Katahdin

Chris Seaton, 2007

Katahdin is a programming language where the syntax and semantics are mutable at runtime. It was the 2007 master’s project of Chris Seaton at the University of Bristol Department of Computer Science, under the supervision of Dr Henk Muller.

Katahdin employs the theory of parsing expression grammars and packrat parsing. Unlike other contemporary work, Katahdin applies these techniques at runtime to allow the grammar to be modified by a running program. New constructs such as expressions and statements can be defined, or a new language can be implemented from scratch. It is built as an interpreter on the Mono implementation of the .NET framework.


Introduction

In most programming languages you can define new functions and types. In the same way, Katahdin allows you to define new expressions, statements and other language constructs.

For example, most programming languages have a modulo, or remainder operator. If your language does not have one, and there is not one that you can overload, creating one would involve learning about the internals of the implementation, modifying the grammar and adding semantic actions throughout the code base. You would then have to recompile and install your new implementation. Anyone else wanting to use it would have to be given a set of patches for your changes against the official implementation. In Katahdin, the complete syntax and semantics of the modulo operator can be defined from scratch in just a few lines:

class ModExpression : Expression {
    pattern {
        option leftRecursive;
        a:Expression "%" b:Expression
    }

    method Get() {
        a = this.a.Get...();
        b = this.a.Get...();
        return a - (b * (a / b));
    }
}

In Katahdin this is a runtime operation, so immediately after defining ModExpression the modulo operator becomes part of the language in line with all the other operators. You can define a new construct on one line and use it on the next.

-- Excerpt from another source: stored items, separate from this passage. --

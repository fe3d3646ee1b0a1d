-- ===== src/Cli/Parse.antt =====
-- src/cli.c: `cli_parse` and the functions it calls. The arguments behind the one at `i` are a list;
-- an option that takes the next one gives back the rest.
use bialet.Prelude.Search.{find}
use bialet.Prelude.{
  peek, ◌==◌, str_eq, not, ◌||◌, if◌then◌else◌, ◌+◌, ◌++◌, drop, length, codes, List, Option, take,
  Bool, Bytes, ℕ, none, some, true, false, [], zero, suc,
}
use bialet.Cli.{
  spec, long_to_id, set_option, cli_error, short_to_id, ◌∷◌, Takes, Env, OptId, Settings, nothing,
  required, optional, serve,
}

-- The settings, and the arguments that are left.
abbrev pub Taken : Type 0
Taken = Settings × List Bytes

abbrev pub is_serve : Settings → Bool
is_serve s = elim s.action [ serve ↦ true | _ ↦ false ]

abbrev pub set_root : Bytes → Settings → Settings
set_root arg s = if s.root_set then s else record s { root_dir = arg; root_set = true }

unfoldable pub handle_positional : Bytes → Settings → Settings
handle_positional arg s =
    if str_eq arg (codes "dev") then record s { dev_mode = true } else set_root arg s

-- An option with an argument, whose value is the next argument; `text` is for the message.
unfoldable pub take_next : Env → OptId → Bytes → List Bytes → Settings → Taken
take_next env id text [] s = (cli_error (codes "Option requires an argument: " ++ text) s, [])
take_next env id text (value ∷ rest) s = (set_option env id (some value) s, rest)

-- An optional value is the next argument if this is no option.
unfoldable pub take_optional : Env → OptId → List Bytes → Settings → Taken
take_optional env id [] s = (set_option env id none s, [])
take_optional env id (value ∷ rest) s =
    if not (peek value == b'-')
    then (set_option env id (some value) s, rest)
    else (set_option env id none s, value ∷ rest)

-- The text behind the letter is the value, if there is any.
unfoldable pub short_value : Env → OptId → Takes → Bytes → Bytes → List Bytes → Settings → Taken
short_value env id takes arg (c ∷ value) rest s = (set_option env id (some (c ∷ value)) s, rest)
short_value env id optional arg [] rest s = take_optional env id rest s
short_value env id _ arg [] rest s = take_next env id arg rest s

-- The loop, from the letters on.
unfoldable pub parse_short_options : Env → Bytes → Bytes → List Bytes → Settings → Taken
parse_short_options env arg [] rest s = (s, rest)
parse_short_options env arg (c ∷ letters) rest s = elim (short_to_id c) [
  | none ↦ (cli_error (codes "Invalid parameter: -" ++ (c ∷ [])) s, rest)
  | some id ↦ elim (spec id).takes_arg [
    | nothing ↦
        let t = set_option env id none s in
        let more = parse_short_options env arg letters rest t in
        if is_serve t then more else (t, rest)
    | required ↦ short_value env id required arg letters rest s
    | optional ↦ short_value env id optional arg letters rest s
  ]
]

-- `snprintf(buf, 64, "--%s", …)`.
abbrev pub long_text : OptId → Bytes
long_text id = take 63 (codes "--" ++ (spec id).long_name)

-- The value behind `=`, or none.
unfoldable pub long_value :
    Env → OptId → Takes → Bytes → Option Bytes → List Bytes → Settings → Taken
long_value env id nothing arg (some value) rest s =
    (cli_error (codes "Option does not take an argument: " ++ arg) s, rest)
long_value env id nothing arg none rest s = (set_option env id none s, rest)
long_value env id _ arg (some value) rest s = (set_option env id (some value) s, rest)
long_value env id required arg none rest s = take_next env id (long_text id) rest s
long_value env id optional arg none rest s = take_optional env id rest s

-- The name in front of the first `=`, and the text behind it.
unfoldable pub split_value : Bytes → Bytes × Option Bytes
split_value name = elim (find (b'=' ∷ []) name) [
  | none ↦ (name, none)
  | some k ↦ (take k name, some (drop (k + 1) name))
]

-- An unknown option that names a path is served.
unfoldable pub unknown_option : Env → Bytes → Settings → Settings
unknown_option env arg s =
    if env.path_exists arg then set_root arg s else cli_error (codes "Invalid parameter: " ++ arg) s

unfoldable pub parse_long_option : Env → Bytes → List Bytes → Settings → Taken
parse_long_option env arg rest s =
    let (name, value) = split_value (drop 2 arg) in
    elim (long_to_id name) [
      | none ↦ (unknown_option env arg s, rest)
      | some id ↦ long_value env id (spec id).takes_arg arg value rest s
    ]

-- What an argument is.
pub data Shape : Type 0 where
  positional end_of_options long short : Shape

-- `--` alone, or in front of a name.
abbrev pub dashes : Bytes → Shape
dashes [] = end_of_options
dashes (c ∷ more) = long

unfoldable pub shape_of : Bool → Bytes → Shape
shape_of positional_only [] = positional
shape_of positional_only (c ∷ []) = positional
shape_of positional_only (c ∷ (d ∷ more)) =
    if positional_only || not (c == b'-')
    then positional
    else if not (d == b'-')
    then short
    else dashes more

-- A round: the settings, the arguments left, and `positional_only`.
unfoldable pub round : Env → Bool → Shape → Bytes → List Bytes → Settings → Taken × Bool
round env only positional arg rest s = ((handle_positional arg s, rest), only)
round env only end_of_options arg rest s = ((s, rest), true)
round env only long arg rest s = (parse_long_option env arg rest s, only)
round env only short arg rest s = (parse_short_options env arg (drop 1 arg) rest s, only)

-- The loop; `none` where the fuel is not enough.
unfoldable pub parse_loop : ℕ → Env → Bool → List Bytes → Settings → Option Settings
parse_loop fuel env only [] s = some s
parse_loop zero env only (arg ∷ rest) s = none
parse_loop (suc fuel) env only (arg ∷ rest) s =
    let ((t, left), next_only) = round env only (shape_of only arg) arg rest s in
    let more = parse_loop fuel env next_only left t in if is_serve t then more else some t

-- `memset(opts, 0, …)`, over the settings of `config`.
abbrev pub cleared : Settings → Settings
cleared s = record s {
  action = serve;
  run_code = none;
  validate_file = none;
  test_dir = none;
  run_tests = false;
  dev_mode = false;
  error = [];
  root_set = false;
}

-- `cli_parse` on the arguments behind the program's name.
unfoldable pub cli_parse : Env → List Bytes → Settings → Option Settings
cli_parse env args s = parse_loop (length args) env false args (cleared s)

There are no special constructs in Katahdin that cannot be modified, including white-space and basic tokens. If all of the constructs in a language are defined as above, Katahdin can be turned into an interpreter for that language. In this way, Katahdin can be used as a generic interpreter for any language, or one language can be used from within another by composing the two or more definitions. My implementation includes proof-of-concept language definitions for FORTRAN and Python, which can be composed to write a single program with a mix of the two languages.

import "fortran.kat";
import "python.kat";

fortran {
    SUBROUTINE RANDOM(SEED, RANDX)
        INTEGER SEED
        REAL RANDX
        SEED = 2045*SEED + 1
        SEED = SEED - (SEED/1048576)*1048576
        RANDX = REAL(SEED + 1)/1048577.0
        RETURN
    END
}

python {
    seed = 128
    randx = 0
    for n in range(5):
        RANDOM(seed, randx)
        print randx
}

There are real world scenarios where one would want to use one language from within another. People use SQL from within other languages all the time by writing the SQL in strings. In Katahdin, the definition of SQL can be composed with the main language and used as if it were all part of one language. There are also good examples of why one would want to define new constructs in a running program. For example, Java 1.5 included a new for-each-statement. Programmers wanting to use the statement had to wait for Sun’s implementation to be drafted, implemented, tested and distributed. In Katahdin programmers can create new statements on their own as they need them, without modifying the implementation. If you want a new for-each-statement in your language you can add one in just a minute.


Literature

Source Code

The Katahdin source code is available from GitHub, or as katahdin-0.2.tar.gz. It is available as public domain, or BSD licence if that causes problems for you.